Records from a collection:
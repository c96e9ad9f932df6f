-- ===== src/Writer/Graph.antt =====
-- The `GraphWriter` trait (src/writer/traits.rs): the operations of a database, each a computation
-- on the state of the database. The four `_fast` writes and the one of HAS_OUTPUT that an
-- implementation leaves out are the plain ones.
use Prim.Native.String.{String}
use bitcoin_chain_graph.Common.{ℕ, List, Option}
use bitcoin_chain_graph.Common.Exec.{Exec}
use bitcoin_chain_graph.Writer.Error.{WriterError}
use bitcoin_chain_graph.Writer.Data.{
  Text, BlockData, TransactionData, OutputData, InputData, CheckpointData, PerformsData,
  BenefitsToData, OutputLookupResult,
}

pub record GraphWriter : Type 1 where
  pub Db : Type 0
  pub init_schema : Exec Db WriterError Unit
  pub write_blocks : List BlockData → Exec Db WriterError Unit
  pub write_transactions : List TransactionData → Exec Db WriterError Unit
  pub write_outputs : List OutputData → Exec Db WriterError Unit
  pub write_has_output_relationships : List OutputData → Exec Db WriterError Unit
  pub write_inputs : List InputData → Exec Db WriterError Unit
  pub write_performs : List PerformsData → Exec Db WriterError Unit
  pub write_benefits_to : List BenefitsToData → Exec Db WriterError Unit
  pub mark_output_spent : Text → Text → ℕ → Exec Db WriterError Unit
  pub create_checkpoint : Exec Db WriterError Unit
  pub update_checkpoint : CheckpointData → Exec Db WriterError Unit
  pub get_checkpoint : Exec Db WriterError (Option CheckpointData)
  pub mark_checkpoint_complete : Exec Db WriterError Unit
  pub set_checkpoint_status : String → Exec Db WriterError Unit
  pub lookup_outputs_batch : List Text → Exec Db WriterError (List OutputLookupResult)
  pub lookup_block_hash : ℕ → Exec Db WriterError (Option Text)
  pub rollback_block : ℕ → Exec Db WriterError Unit
  pub get_max_block_height : Exec Db WriterError (Option ℕ)
  pub check_block_complete : ℕ → Exec Db WriterError (ℕ × ℕ)
  pub write_blocks_fast : List BlockData → Exec Db WriterError Unit
  pub write_transactions_fast : List TransactionData → Exec Db WriterError Unit
  pub write_outputs_fast : List OutputData → Exec Db WriterError Unit
  pub write_has_output_relationships_fast : List OutputData → Exec Db WriterError Unit
  pub write_inputs_fast : List InputData → Exec Db WriterError Unit
  pub begin_transaction : Exec Db WriterError Unit
  pub commit_transaction : Exec Db WriterError Unit
  pub rollback_transaction : Exec Db WriterError Unit
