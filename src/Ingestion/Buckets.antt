-- ===== src/Ingestion/Buckets.antt =====
-- The tasks of a chunk that write the relations of addresses (src/domain/ingestion.rs, phase 6 of
-- `process_batch_chunk`): the rows go to buckets by the hash of their address, and each bucket has a
-- task of its own. A schedule says which task makes the next call. Then the tasks are awaited in
-- order, up to the first that fails.
pub mod Partition
pub mod Kept
pub mod Written
pub mod Schedule
use bitcoin_chain_graph.Common.{
  ℕ, ◌%◌, List, [], ◌∷◌, ◌++◌, Option, none, some, get_or, get_elem?, set, replicate,
}
use bitcoin_chain_graph.Common.Result.{Result, ok, err}
use bitcoin_chain_graph.Common.Exec.{Exec, ◌>>◌, return}
use bitcoin_chain_graph.Writer.Error.{WriterError}
use bitcoin_chain_graph.Writer.Data.{Text, PerformsData, BenefitsToData}
use bitcoin_chain_graph.Writer.Graph.{GraphWriter}

-- The loop over the rows, by the address of a row: `buckets[bucket_idx].push(item.clone())`.
unfoldable pub partition_loop {ℓ} :
    {A : Type ℓ} → (Text → ℕ) → (A → Text) → ℕ → List A → List (List A) → List (List A)
partition_loop string_hash address num_buckets [] buckets = buckets
partition_loop string_hash address num_buckets (item ∷ items) buckets =
    let bucket_idx = string_hash (address item) % num_buckets in
    partition_loop string_hash address num_buckets items
      (set buckets bucket_idx (get_or buckets bucket_idx [] ++ item ∷ []))

unfoldable pub partition_performs_by_address :
    (Text → ℕ) → List PerformsData → ℕ → List (List PerformsData)
unfolding partition_loop
partition_performs_by_address string_hash performs num_buckets =
    partition_loop string_hash (λ p. p.from_address) num_buckets performs (replicate num_buckets [])

unfoldable pub partition_benefits_by_address :
    (Text → ℕ) → List BenefitsToData → ℕ → List (List BenefitsToData)
unfolding partition_loop
partition_benefits_by_address string_hash benefits num_buckets =
    partition_loop string_hash (λ b. b.to_address) num_buckets benefits (replicate num_buckets [])

pub data BucketWrite : Type 0 where
  write_performs : List PerformsData → BucketWrite
  write_benefits_to : List BenefitsToData → BucketWrite

-- A task with the calls that it has still to make, or the error that ended it.
pub data Task : Type 0 where
  running : List BucketWrite → Task
  failed : WriterError → Task

-- `if !performs.is_empty()`.
unfoldable pub performs_writes : List PerformsData → List BucketWrite
performs_writes [] = []
performs_writes (p ∷ ps) = write_performs (p ∷ ps) ∷ []

unfoldable pub benefits_writes : List BenefitsToData → List BucketWrite
benefits_writes [] = []
benefits_writes (b ∷ bs) = write_benefits_to (b ∷ bs) ∷ []

unfoldable pub bucket_task : List PerformsData → List BenefitsToData → Task
unfolding performs_writes benefits_writes
bucket_task performs benefits = running (performs_writes performs ++ benefits_writes benefits)

-- `for bucket_idx in 0..NUM_BUCKETS`: there are as many buckets of either kind.
unfoldable pub spawn_tasks : List (List PerformsData) → List (List BenefitsToData) → List Task
unfolding bucket_task
spawn_tasks [] buckets = []
spawn_tasks (performs ∷ rest) [] = []
spawn_tasks (performs ∷ rest) (benefits ∷ buckets) =
    bucket_task performs benefits ∷ spawn_tasks rest buckets

module _ (W : GraphWriter) where
  open W use {Db}

  unfoldable pub write_bucket : BucketWrite → Exec Db WriterError Unit
  write_bucket (write_performs rows) = W.write_performs rows
  write_bucket (write_benefits_to rows) = W.write_benefits_to rows

  abbrev pub after_write : List BucketWrite → Result WriterError (Unit {0}) → Task
  after_write todo (ok _) = running todo
  after_write todo (err e) = failed e

  -- The next call of a task, if there is one.
  unfoldable pub task_step : Task → Db → Db × Task
  unfolding write_bucket
  task_step (running []) db = (db, running [])
  task_step (running (w ∷ todo)) db =
      let (db', result) = write_bucket w db in (db', after_write todo result)
  task_step (failed e) db = (db, failed e)

  unfoldable pub run_schedule : List ℕ → List Task → Db → Db × List Task
  unfolding task_step
  run_schedule [] tasks db = (db, tasks)
  run_schedule (i ∷ schedule) tasks db = elim (get_elem? tasks i) [
    | none ↦ run_schedule schedule tasks db
    | some t ↦ let (db', t') = task_step t db in run_schedule schedule (set tasks i t') db'
  ]

  -- The calls up to the end of a task.
  unfoldable pub finish : List BucketWrite → Exec Db WriterError Unit
  unfolding write_bucket
  finish [] = return tt
  finish (w ∷ todo) = write_bucket w >> finish todo

  unfoldable pub await_task : Task → Exec Db WriterError Unit
  unfolding finish
  await_task (running todo) = finish todo
  await_task (failed e) = λ db. (db, err e)

  -- `task.await??` in order. The tasks after one that fails are not awaited.
  unfoldable pub await_all : List Task → Db → Db × List Task × Result WriterError (Unit {0})
  unfolding await_task
  await_all [] db = (db, [], ok tt)
  await_all (t ∷ tasks) db =
      let (db', result) = await_task t db in
      elim result [ ok _ ↦ await_all tasks db' | err e ↦ (db', tasks, err e) ]

  unfoldable pub run_tasks :
      List ℕ → List Task → Db → Db × List Task × Result WriterError (Unit {0})
  unfolding run_schedule await_all
  run_tasks schedule tasks db =
      let (db', tasks') = run_schedule schedule tasks db in await_all tasks' db'
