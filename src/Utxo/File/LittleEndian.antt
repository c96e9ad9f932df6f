-- ===== src/Utxo/File/LittleEndian.antt =====
-- Little-endian numbers and UTF-8, as the standard library has them (`to_le_bytes`,
-- `from_le_bytes`, `str::from_utf8`).
use native.Mathlib.Nat.{pow-suc}
use bitcoin_chain_graph.Common.{
  ℕ, zero, suc, ◌+◌, ◌*◌, ◌/◌, ◌%◌, ◌^◌, ◌<◌, ◌-◌, ◌≡◌, refl, ap, Bool, false, ◌&&◌, Option, none,
  some, [], ◌∷◌, length, arith, ltb, leb, ◌==◌, if◌then◌else◌,
}
use bitcoin_chain_graph.Utxo.Key.{Bytes}

-- The low `k` bytes of a number, the lowest first.
unfoldable pub to_le_bytes : ℕ → ℕ → Bytes
to_le_bytes zero n = []
to_le_bytes (suc k) n = (n % 256) ∷ to_le_bytes k (n / 256)

unfoldable pub from_le_bytes : Bytes → ℕ
from_le_bytes [] = 0
from_le_bytes (b ∷ bs) = b + 256 * from_le_bytes bs

pub length-to_le_bytes : (k n : ℕ) → length (to_le_bytes k n) ≡ k
unfolding to_le_bytes
length-to_le_bytes zero n = refl
length-to_le_bytes (suc k) n = ap suc (length-to_le_bytes k (n / 256))

pub from_le_bytes-to_le_bytes : (k n : ℕ) → n < 256 ^ k → from_le_bytes (to_le_bytes k n) ≡ n
unfolding to_le_bytes from_le_bytes
from_le_bytes-to_le_bytes zero n h = omega arith
from_le_bytes-to_le_bytes (suc k) n h =
    omega (arith, from_le_bytes-to_le_bytes k (n / 256) (omega (arith, pow-suc 256 k)))

-- How many continuation bytes are due, and the range of the next one.
pub record Utf8State : Type 0 where
  pub due : ℕ
  pub low : ℕ
  pub high : ℕ

abbrev pub expect : ℕ → ℕ → ℕ → Utf8State
expect due low high = record { due = due; low = low; high = high }

utf8_lead : ℕ → Option Utf8State
utf8_lead b =
    if ltb b 0x80
    then some (expect 0 0 0)
    else if leb 0xC2 b && leb b 0xDF
    then some (expect 1 0x80 0xBF)
    else if b == 0xE0
    then some (expect 2 0xA0 0xBF)
    else if b == 0xED
    then some (expect 2 0x80 0x9F)
    else if leb 0xE1 b && leb b 0xEF
    then some (expect 2 0x80 0xBF)
    else if b == 0xF0
    then some (expect 3 0x90 0xBF)
    else if leb 0xF1 b && leb b 0xF3
    then some (expect 3 0x80 0xBF)
    else if b == 0xF4
    then some (expect 3 0x80 0x8F)
    else none

utf8_next : Utf8State → ℕ → Option Utf8State
utf8_next s b =
    if s.due == 0
    then utf8_lead b
    else if leb s.low b && leb b s.high
    then some (expect (s.due - 1) 0x80 0xBF)
    else none

utf8_from : Utf8State → Bytes → Bool
utf8_from s [] = s.due == 0
utf8_from s (b ∷ bs) = elim (utf8_next s b) [ none ↦ false | some s' ↦ utf8_from s' bs ]

-- Whether `str::from_utf8` accepts the bytes.
unfoldable pub is_utf8 : Bytes → Bool
unfolding utf8_from utf8_next utf8_lead
is_utf8 bs = utf8_from (expect 0 0 0) bs
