-- ===== src/Utxo/File.antt =====
-- The cache file (src/domain/utxo/cache.rs, `save_to_file` and `load_from_file`): the layout of
-- the file, the save through a temporary file and the load. The checksum of the `crc32fast` crate
-- is a parameter.
pub mod LittleEndian
pub mod Load
pub mod EntryTrip
pub mod Placement
pub mod Atomic
pub mod Replay
pub mod Reading
pub mod Reload
pub mod Errors
pub mod Longer
pub mod CutOff
use bitcoin_chain_graph.Common.{
  ℕ, zero, suc, ◌+◌, ◌%◌, ◌<◌, ◌^◌, ◌≡◌, Bool, true, false, not, List, [], ◌∷◌, ◌++◌, reverse,
  Option, none, some, length, get_or, set, take, drop, replicate, ltb, ◌==◌, if◌then◌else◌,
}
use bitcoin_chain_graph.Common.Result.{Result, ok, err, ◌>>=◌}
use bitcoin_chain_graph.Utxo.Key.{Bytes, UtxoKey, num_shards, shard_index}
use bitcoin_chain_graph.Utxo.Output.{
  ScriptTypeTag, p2pkh, p2sh, p2wpkh, p2wsh, p2tr, p2pk, null_data, unknown, CachedOutput,
}
use bitcoin_chain_graph.Utxo.Lru.{LruCrate}
use bitcoin_chain_graph.Utxo.Lru.Entries.{Entry}
use bitcoin_chain_graph.Utxo.Cache.{UtxoCache, sum_shards}
use LittleEndian.{to_le_bytes}

-- `crc32fast::Hasher`: its state, and what it makes of the chunks that it is given.
pub record Crc32 : Type 1 where
  pub Hasher : Type 0
  pub new : Hasher
  pub update : Hasher → Bytes → Hasher
  pub finalize : Hasher → ℕ
  -- The checksum is a `u32`.
  pub finalize-u32 : (h : Hasher) → finalize h < 2 ^ 32

pub data IoError : Type 0 where
  unexpected_eof invalid_magic invalid_version invalid_utf8 crc_mismatch : IoError
  io_failed : IoError

abbrev pub cache_file_magic : Bytes
cache_file_magic = b'U' ∷ b'T' ∷ b'X' ∷ b'O' ∷ []

abbrev pub cache_file_version : ℕ
cache_file_version = 1

-- `script_type as u8`.
unfoldable pub tag_byte : ScriptTypeTag → ℕ
tag_byte p2pkh = 0
tag_byte p2sh = 1
tag_byte p2wpkh = 2
tag_byte p2wsh = 3
tag_byte p2tr = 4
tag_byte p2pk = 5
tag_byte null_data = 6
tag_byte unknown = 7

unfoldable pub byte_tag : ℕ → ScriptTypeTag
byte_tag b =
    if b == 0
    then p2pkh
    else if b == 1
    then p2sh
    else if b == 2
    then p2wpkh
    else if b == 3
    then p2wsh
    else if b == 4
    then p2tr
    else if b == 5
    then p2pk
    else if b == 6
    then null_data
    else unknown

-- The chunks that are written, and hashed, for one entry. The length of an address is cast to `u16`.
unfoldable pub address_chunks : Option Bytes → List Bytes
address_chunks none = (0 ∷ []) ∷ []
address_chunks (some addr) = (1 ∷ []) ∷ to_le_bytes 2 (length addr % 65536) ∷ addr ∷ []

unfoldable pub entry_chunks : Entry → List Bytes
unfolding address_chunks
entry_chunks (key, value) =
    key.txid
    ∷ to_le_bytes 4 key.vout
    ∷ to_le_bytes 4 value.output_index
    ∷ to_le_bytes 8 value.amount
    ∷ (tag_byte value.script_type ∷ [])
    ∷ address_chunks value.address

unfoldable pub write_all : List Bytes → Bytes
write_all [] = []
write_all (chunk ∷ chunks) = chunk ++ write_all chunks

unfoldable pub body : List Entry → Bytes
unfolding entry_chunks write_all
body [] = []
body (e ∷ entries) = write_all (entry_chunks e) ++ body entries

-- Magic, version, count, height and checksum: 24 bytes.
unfoldable pub header : ℕ → ℕ → ℕ → Bytes
header count height crc =
    cache_file_magic
    ++ (to_le_bytes 4 cache_file_version
        ++ (to_le_bytes 8 count ++ (to_le_bytes 4 height ++ to_le_bytes 4 crc)))

module _ (L : LruCrate) where
  open L use {LruCache, iter}

  -- All entries, shard by shard, the most recently used first.
  unfoldable pub all_entries : List LruCache → List Entry
  all_entries [] = []
  all_entries (s ∷ shards) = iter s ++ all_entries shards

module _ (C : Crc32) where
  open C use {Hasher, new as new_hasher, update, finalize}

  unfoldable pub update_all : Hasher → List Bytes → Hasher
  update_all h [] = h
  update_all h (chunk ∷ chunks) = update_all (update h chunk) chunks

  unfoldable pub hash_entries : Hasher → List Entry → Hasher
  unfolding entry_chunks update_all
  hash_entries h [] = h
  hash_entries h (e ∷ entries) = hash_entries (update_all h (entry_chunks e)) entries

  module _ (L : LruCrate) where
    open L use {LruCache, new, put, len, iter}

    -- The finished contents of the file.
    unfoldable pub file_contents : UtxoCache LruCache → ℕ → Bytes
    unfolding header all_entries body hash_entries
    file_contents c height =
        let entries = all_entries L c.shards in
        header (sum_shards L len c.shards) height (finalize (hash_entries new_hasher entries))
        ++ body entries

-- The file system as the save uses it: the cache file, and the temporary file beside it.
pub record Disk : Type 0 where
  pub final : Option Bytes
  pub tmp : Option Bytes

pub data DiskOp : Type 0 where
  create sync_all rename : DiskOp
  write : Bytes → DiskOp
  write_at : ℕ → Bytes → DiskOp

abbrev pub opt_bytes : Option Bytes → Bytes
opt_bytes none = []
opt_bytes (some bs) = bs

unfoldable pub overwrite : ℕ → Bytes → Bytes → Bytes
overwrite offset chunk bs = take offset bs ++ (chunk ++ drop (offset + length chunk) bs)

-- What an operation that succeeds does to the disk. A sync changes no contents.
unfoldable pub disk_op : DiskOp → Disk → Disk
unfolding overwrite
disk_op create d = record d { tmp = some [] }
disk_op (write chunk) d = record d { tmp = some (opt_bytes d.tmp ++ chunk) }
disk_op (write_at offset chunk) d = record d {
  tmp = some (overwrite offset chunk (opt_bytes d.tmp));
}
disk_op sync_all d = d
disk_op rename d = record { final = d.tmp; tmp = none }

-- The operations one after the other, each with its `?`. `budget` of them succeed, then one fails,
-- or the process is killed there.
unfoldable pub run_ops : ℕ → List DiskOp → Disk → Disk × Bool
unfolding disk_op
run_ops budget [] d = (d, true)
run_ops zero (o ∷ ops) d = (d, false)
run_ops (suc budget) (o ∷ ops) d = run_ops budget ops (disk_op o d)

unfoldable pub write_ops : List Bytes → List DiskOp
write_ops [] = []
write_ops (chunk ∷ chunks) = write chunk ∷ write_ops chunks

unfoldable pub entries_ops : List Entry → List DiskOp
unfolding write_ops entry_chunks
entries_ops [] = []
entries_ops (e ∷ entries) = write_ops (entry_chunks e) ++ entries_ops entries

module _ (C : Crc32) (L : LruCrate) where
  open C use {new as new_hasher, finalize}
  open L use {LruCache, len}

  -- The header with a checksum of zero, the entries, then the checksum at offset 20.
  unfoldable pub save_ops : UtxoCache LruCache → ℕ → List DiskOp
  unfolding entries_ops all_entries hash_entries
  save_ops c checkpoint_height =
      let entries = all_entries L c.shards in
      create
      ∷ (write_ops (
            cache_file_magic
            ∷ to_le_bytes 4 cache_file_version
            ∷ to_le_bytes 8 (sum_shards L len c.shards)
            ∷ to_le_bytes 4 checkpoint_height
            ∷ to_le_bytes 4 0
            ∷ [])
          ++ (entries_ops entries
              ++ (write_at 20 (to_le_bytes 4 (finalize (hash_entries C new_hasher entries)))
                  ∷ sync_all
                  ∷ rename
                  ∷ [])))

  -- `none` for an I/O error; else the number of entries written.
  unfoldable pub save_to_file : ℕ → UtxoCache LruCache → ℕ → Disk → Disk × Option ℕ
  unfolding run_ops save_ops
  save_to_file budget c checkpoint_height d =
      let (d', done) = run_ops budget (save_ops c checkpoint_height) d in
      (d', if done then some (length (all_entries L c.shards)) else none)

**REQUIRED ACTION**
Exact duplication is required for the lines above, from the line that contains "if ltb b 0x80" to the line that contains "else if leb 0xF1 b && leb b 0xF3", inclusive; omit all others.

**THE ANSWER**
    if ltb b 0x80
    then some (expect 0 0 0)
    else if leb 0xC2 b && leb b 0xDF
    then some (expect 1 0x80 0xBF)
    else if b == 0xE0
    then some (expect 2 0xA0 0xBF)
    else if b == 0xED
    then some (expect 2 0x80 0x9F)
    else if leb 0xE1 b && leb b 0xEF
    then some (expect 2 0x80 0xBF)
    else if b == 0xF0
    then some (expect 3 0x90 0xBF)
    else if leb 0xF1 b && leb b 0xF3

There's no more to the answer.